Comment 15 for bug 1931063

Revision history for this message
Paride Legovini (paride) wrote :

Hi @lamm, I managed to reproduce the "fork() system call" failure you described. For some reason my /tmp/node* directories do not get automatically created/populated, despite testconfig.sh.example saying that "they will be created". However by manually populating them with the required test files I got the save error message as yours.

Here is my take on it:

1. You are right saying that libfabric is involved. That error message has been introduced in this libfabric commit:

  https://github.com/ofiwg/libfabric/commit/b40ce3531dcfc79f3356e2c01701058a8e2ef4f4

AIUI that commit disabled the default usage of a fork-safety mode, as it affected performance and was imperfect in any case. The suggestion is to force a (different/better?) fork-safe mode by setting RDMAV_FORK_SAFE=1.

2. Apparently rpmem_fip/TEST0 has fork() calls, and thus triggers the warning and abort() implemented in that b40ce35 commit. Setting RDMAV_FORK_SAFE=1, i.e. setting the following in testconfig.sh:

NODE_ENV[0]="PMEM_IS_PMEM_FORCE=1 RDMAV_FORK_SAFE=1"

(and similar for the other NODEs) makes rpmem_fip/TEST0 pass for me. So this is probably not a bug in libfabric and strictly speaking not a bug in pmdk, but the pmdk tests may need to be updated to work by default with the newer versions of libfabric. It may be worth filing an upstream pmdk bug.

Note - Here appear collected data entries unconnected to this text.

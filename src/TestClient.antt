-- ===== src/TestClient.antt =====
-- test/test.c: the program that tests the client library. It acquires networks from the broker, starts
-- an interface on each, waits for a signal and stops the interfaces. This file has its state, its
-- output and commands over it. A command ends normally, exits the process, waits for good or crashes.
pub mod Options
pub mod Interfaces
pub mod Main
pub mod Trace
pub mod Ending
pub mod Parsed
pub mod Slots
pub mod Acquire
pub mod Turns
pub mod Stops
pub mod Outcome
pub mod Success
pub mod Buffer
use Prim.Native.String.{String}
use vmnet_broker.Base.{ℕ, ◌+◌, Bool, Option, none, some, List, [], ◌∷◌, ℤ, CString, replicate}
use vmnet_broker.Status.{VmnetReturn}
use vmnet_broker.Machine.{Fault}
use vmnet_broker.Client.{Client, Message, ReplyObject}

-- MAX_INTERFACES
abbrev pub max_interfaces : ℕ
max_interfaces = 16

-- struct interface; `none` is NULL.
pub record Interface : Type 0 where
  pub network_name : Option CString
  pub iface : Option ℕ

-- The errno values that the program names, and any other.
pub data Errno : Type 0 where
  e2big enomem : Errno
  errno : ℕ → Errno

-- What `fail` prints as a number.
pub data Code : Type 0 where
  broker_status : ℤ → Code
  vmnet_status : VmnetReturn → Code
  error_number : Errno → Code

-- A line on stdout, of `ok` or of `fail`.
pub data Line : Type 0 where
  passed : Line
  failed : (step : String) → Code → Line

-- `logged` is the line with the networks to test; the other lines on stderr are left out.
pub data Action : Type 0 where
  logged : CString → Action
  printed : Line → Action
  created_queue released_queue : Action
  created_network released_network released_serialization : ℕ → Action
  started stopped : Option ℕ → Action

-- The lines on stdout in a log, newest first.
abbrev pub lines : List Action → List Line
lines [] = []
lines (printed l ∷ log) = l ∷ lines log
lines (a ∷ log) = lines log

-- The globals, the library's state and what was done, newest first.
pub record Session : Type 0 where
  pub client : Client
  pub interfaces : List Interface
  pub interface_count : ℕ
  pub vmnet_queue : Bool
  pub log : List Action

abbrev pub initial_session : Session
initial_session = record {
  client = record { connection = none; sent = []; retained = [] };
  interfaces = replicate max_interfaces (record { network_name = none; iface = none });
  interface_count = 0;
  vmnet_queue = Bool.false;
  log = [];
}

pub data Run (A : Type 0) : Type 0 where
  running : A → Session → Run A
  exited : (status : ℕ) → Session → Run A
  waits : Session → Run A
  crashed : Fault → Run A

abbrev pub Cmd : Type 0 → Type 0
Cmd A = Session → Run A

abbrev pub pure : {A : Type 0} → A → Cmd A
pure a s = running a s

infixl 5 ◌>>=◌ ◌>>◌
abbrev pub and_then : {A B : Type 0} → Run A → (A → Cmd B) → Run B
and_then (running a s) f = f a s
and_then (exited n s) f = exited n s
and_then (waits s) f = waits s
and_then (crashed e) f = crashed e

abbrev pub ◌>>=◌ : {A B : Type 0} → Cmd A → (A → Cmd B) → Cmd B
m >>= f = λ s. and_then (m s) f

abbrev pub ◌>>◌ : {B : Type 0} → Cmd (Unit {0}) → Cmd B → Cmd B
m >> k = m >>= λ _. k

abbrev pub emit : Action → Cmd (Unit {0})
emit a s = running tt (record s { log = a ∷ s.log })

-- `exit`
abbrev pub exit : {A : Type 0} → ℕ → Cmd A
exit n s = exited n s

-- Nothing ends the wait.
abbrev pub wait : {A : Type 0} → Cmd A
wait s = waits s

abbrev pub crash : {A : Type 0} → Fault → Cmd A
crash e s = crashed e

abbrev pub ok : {A : Type 0} → Cmd A
ok = do emit (printed passed); exit 0

abbrev pub fail : {A : Type 0} → String → Code → Cmd A
fail step code = do emit (printed (failed step code)); exit 1

-- What getopt_long returns, before the -1.
pub data Flag : Type 0 where
  help quick_mode missing_argument invalid : Flag

-- What the calls return while the interface of one index is set up. `answer` is the reply that XPC
-- returns to the library's message; vmnet_network_create_with_serialization returns `create` and sets
-- `*status`; `completion` is what the block of vmnet_interface_start_with_network is called with, or
-- none if it is never called.
pub record Starting : Type 0 where
  pub mach_service : ℕ
  pub answer : ℕ → Message → ReplyObject
  pub create : (serialization : ℕ) → Option ℕ
  pub create_status : VmnetReturn
  pub iface : Option ℕ
  pub completion : Option VmnetReturn

-- When the block of vmnet_stop_interface is called: never, before the program looks at what the call
-- returned, or while it waits for the semaphore.
pub data Completion : Type 0 where
  never : Completion
  early late : VmnetReturn → Completion

pub record Stopping : Type 0 where
  pub stop_status : VmnetReturn
  pub completion : Completion

-- What kevent returns: an errno, a signal, or nothing of use.
pub data KernelEvent : Type 0 where
  kevent_error : ℕ → KernelEvent
  signal other : KernelEvent

-- The command line, as getopt_long splits it, and what the calls of the frameworks and of the system
-- return. `kevents` are the results of kevent until it blocks for good.
pub record Calls : Type 0 where
  pub flags : List Flag
  pub arguments : List CString
  pub kqueue : Bool
  pub sigprocmask : Bool
  pub kevent_add : Bool
  pub start : (index : ℕ) → Starting
  pub stop : (index : ℕ) → Stopping
  pub kevents : List KernelEvent
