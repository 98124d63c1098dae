-- ===== src/TestClient/Options.antt =====
-- parse_options of test/test.c.
use vmnet_broker.Base.{
  ℕ, ◌+◌, ◌-◌, Bool, true, false, List, [], ◌∷◌, ◌++◌, CString, bytes, length, take, ltb, leb,
  if◌then◌else◌,
}
use vmnet_broker.TestClient.{
  max_interfaces, Cmd, pure, ◌>>=◌, ◌>>◌, emit, exit, fail, error_number, e2big, logged, Flag, help,
  quick_mode, missing_argument, invalid, Calls,
}

-- The static struct `opt`: the slots of network_names that are in use.
pub record Options : Type 0 where
  pub network_names : List CString
  pub quick : Bool

abbrev pub defaults : Options
defaults = record { network_names = []; quick = false }

abbrev pub shared : CString
shared = bytes "shared"

-- The loop over getopt_long's results; `usage` exits.
unfoldable pub parse_flags : List Flag → Options → Cmd Options
parse_flags [] opt = pure opt
parse_flags (help ∷ flags) opt = exit 0
parse_flags (quick_mode ∷ flags) opt = parse_flags flags (record opt { quick = true })
parse_flags (missing_argument ∷ flags) opt = exit 1
parse_flags (invalid ∷ flags) opt = exit 1

-- The loop over the positional arguments.
unfoldable pub parse_arguments : List CString → Options → Cmd Options
parse_arguments [] opt = pure opt
parse_arguments (name ∷ arguments) opt =
    let rest =
      parse_arguments arguments (record opt { network_names = opt.network_names ++ name ∷ [] }) in
    if leb max_interfaces (length opt.network_names)
    then fail "parse_options" (error_number e2big)
    else rest

abbrev pub or_shared : List CString → List CString
or_shared [] = shared ∷ []
or_shared names = names

-- sizeof(networks)
abbrev pub buffer_size : ℕ
buffer_size = 512

-- The buffer `networks`, up to its NUL, and `pos`.
pub record Buffer : Type 0 where
  pub text : CString
  pub pos : ℕ

-- `snprintf(networks + pos, size, "%s ", name)`: what stands in the buffer after it, and the length
-- that the whole text would have. An argument of a process is shorter than an `int` can count.
abbrev pub snprintf : Buffer → (size : ℕ) → (name : CString) → CString × ℕ
snprintf b size name =
    let whole = name ++ 32 ∷ [] in
    (if ltb 0 size then take b.pos b.text ++ take (size - 1) whole else b.text, length whole)

abbrev pub append_name : CString → Buffer → Buffer
append_name name b =
    let (text, n) = snprintf b (buffer_size - b.pos) name in
    record {
      text = text;
      pos = if ltb 0 n then if ltb (b.pos + n) buffer_size then b.pos + n else b.pos else b.pos;
    }

-- The loop that fills the buffer for the log.
unfoldable pub log_names : List CString → Buffer → Buffer
log_names [] b = b
log_names (name ∷ names) b = log_names names (append_name name b)

abbrev pub empty_buffer : Buffer
empty_buffer = record { text = []; pos = 0 }

unfoldable pub parse_options : Calls → Cmd Options
parse_options calls = do
  flagged ← parse_flags calls.flags defaults
  given ← parse_arguments calls.arguments flagged
  emit (logged (log_names (or_shared given.network_names) empty_buffer).text)
  pure (record given { network_names = or_shared given.network_names })
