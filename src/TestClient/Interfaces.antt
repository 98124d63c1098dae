-- ===== src/TestClient/Interfaces.antt =====
-- acquire_network, start_interface, stop_interfaces, setup_vmnet of test/test.c.
use vmnet_broker.Base.{
  ℕ, zero, suc, ◌+◌, true, false, Option, none, some, ◌∷◌, ℤ, CString, length, set, get_elem?, ltb,
  leb, if◌then◌else◌,
}
use vmnet_broker.Status.{VmnetReturn, is_success}
use vmnet_broker.Machine.{out_of_bounds}
use vmnet_broker.Client.{vmnet_broker_acquire_network}
use vmnet_broker.TestClient.{
  max_interfaces, Interface, broker_status, vmnet_status, error_number, enomem, Cmd, pure, ◌>>=◌,
  ◌>>◌, emit, wait, crash, fail, created_queue, released_queue, created_network,
  released_serialization, started, stopped, Starting, Completion, never, early, late, Stopping,
}

-- The call of the library, on its state.
abbrev pub call_library : Starting → CString → Cmd (Option ℕ × ℤ)
call_library at name s =
    let (result, client) = vmnet_broker_acquire_network at.mach_service at.answer name s.client in
    pure result (record s { client = client })

unfoldable pub create_with_serialization : Starting → (serialization : ℕ) → Cmd ℕ
create_with_serialization at serialization = elim (at.create serialization) [
  | none ↦ do
    emit (released_serialization serialization)
    fail "create_network" (vmnet_status at.create_status)
  | some network ↦ do
    emit (created_network network)
    emit (released_serialization serialization)
    pure network
]

-- acquire_network after the library's call, with what it returned and stored at `broker_status`
abbrev pub check_acquired : Starting → Option ℕ × ℤ → Cmd ℕ
check_acquired at (none, status) = fail "acquire_network" (broker_status status)
check_acquired at (some serialization, status) = create_with_serialization at serialization

unfoldable pub acquire_network : Starting → CString → Cmd ℕ
acquire_network at name = do found ← call_library at name; check_acquired at found

-- `interfaces[interface_count++]` and the writes of its fields
abbrev pub add_interface : Interface → Cmd (Unit {0})
add_interface interface s =
    if ltb s.interface_count (length s.interfaces)
    then pure tt (record s {
      interfaces = set s.interfaces s.interface_count interface;
      interface_count = s.interface_count + 1;
    })
    else crash out_of_bounds s

unfoldable pub complete_start : Starting → CString → Cmd (Unit {0})
complete_start at name = elim at.completion [
  | none ↦ wait
  | some status ↦
      if is_success status
      then (do
        emit (started at.iface)
        add_interface (record { network_name = some name; iface = at.iface }))
      else fail "start_interface" (vmnet_status status)
]

unfoldable pub start_interface : Starting → CString → Cmd (Unit {0})
start_interface at name s =
    if leb max_interfaces s.interface_count
    then fail "start_interface" (error_number enomem) s
    else complete_start at name s

-- The block of vmnet_stop_interface, which fails or signals the semaphore.
abbrev pub on_stopped : VmnetReturn → Cmd (Unit {0})
on_stopped status =
    if is_success status then pure tt else fail "stop_interface" (vmnet_status status)

-- From vmnet_stop_interface, which returns `stop_status`, to the semaphore.
abbrev pub await_stop : (stop_status : VmnetReturn) → Completion → Cmd (Unit {0})
await_stop stop_status never = do on_stopped stop_status; wait
await_stop stop_status (early status) = do on_stopped status; on_stopped stop_status
await_stop stop_status (late status) = do on_stopped stop_status; on_stopped status

unfoldable pub stop_interface : Stopping → (index : ℕ) → Cmd (Unit {0})
stop_interface at index s = elim (get_elem? s.interfaces index) [
  | none ↦ crash out_of_bounds s
  | some interface ↦
      (do await_stop at.stop_status at.completion; emit (stopped interface.iface))
        (record s { interface_count = index })
]

-- The loop of stop_interfaces, from `interface_count`.
unfoldable pub stop_each : (ℕ → Stopping) → (count : ℕ) → Cmd (Unit {0})
stop_each stop zero = pure tt
stop_each stop (suc index) = do stop_interface (stop index) index; stop_each stop index

unfoldable pub release_queue : Cmd (Unit {0})
release_queue s =
    if s.vmnet_queue
    then pure tt (record s { vmnet_queue = false; log = released_queue ∷ s.log })
    else pure tt s

unfoldable pub stop_interfaces : (ℕ → Stopping) → Cmd (Unit {0})
stop_interfaces stop s = (do stop_each stop s.interface_count; release_queue) s

abbrev pub setup_vmnet : Cmd (Unit {0})
setup_vmnet s = pure tt (record s { vmnet_queue = true; log = created_queue ∷ s.log })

3. Commit b40ce35 was first released in libfabric 1.11.0, which was first released in Hirsute. This is consistent with the fact that you were not seeing that failure in the pre-Hirsute Ubuntu releases. It is worth checking which version of libfabric is in the other distros you tested. If it's < 1.11.0 then it's all consistent.

4. If we agree we don't have a regression in pmdk here, let's go back to the issue with RPMEM_RAW_BUFF_SIZE and LANE_ALIGN_SIZE. That issue should be fixed in the test packages in my PPA (https://launchpad.net/~paride/+archive/ubuntu/pmdk-lp1931063). By setting RDMAV_FORK_SAFE=1 you should be able to verify, so we can proceed with the SRU for Hirsute.

Let me know WDYT, and thanls again for the feedback and testing.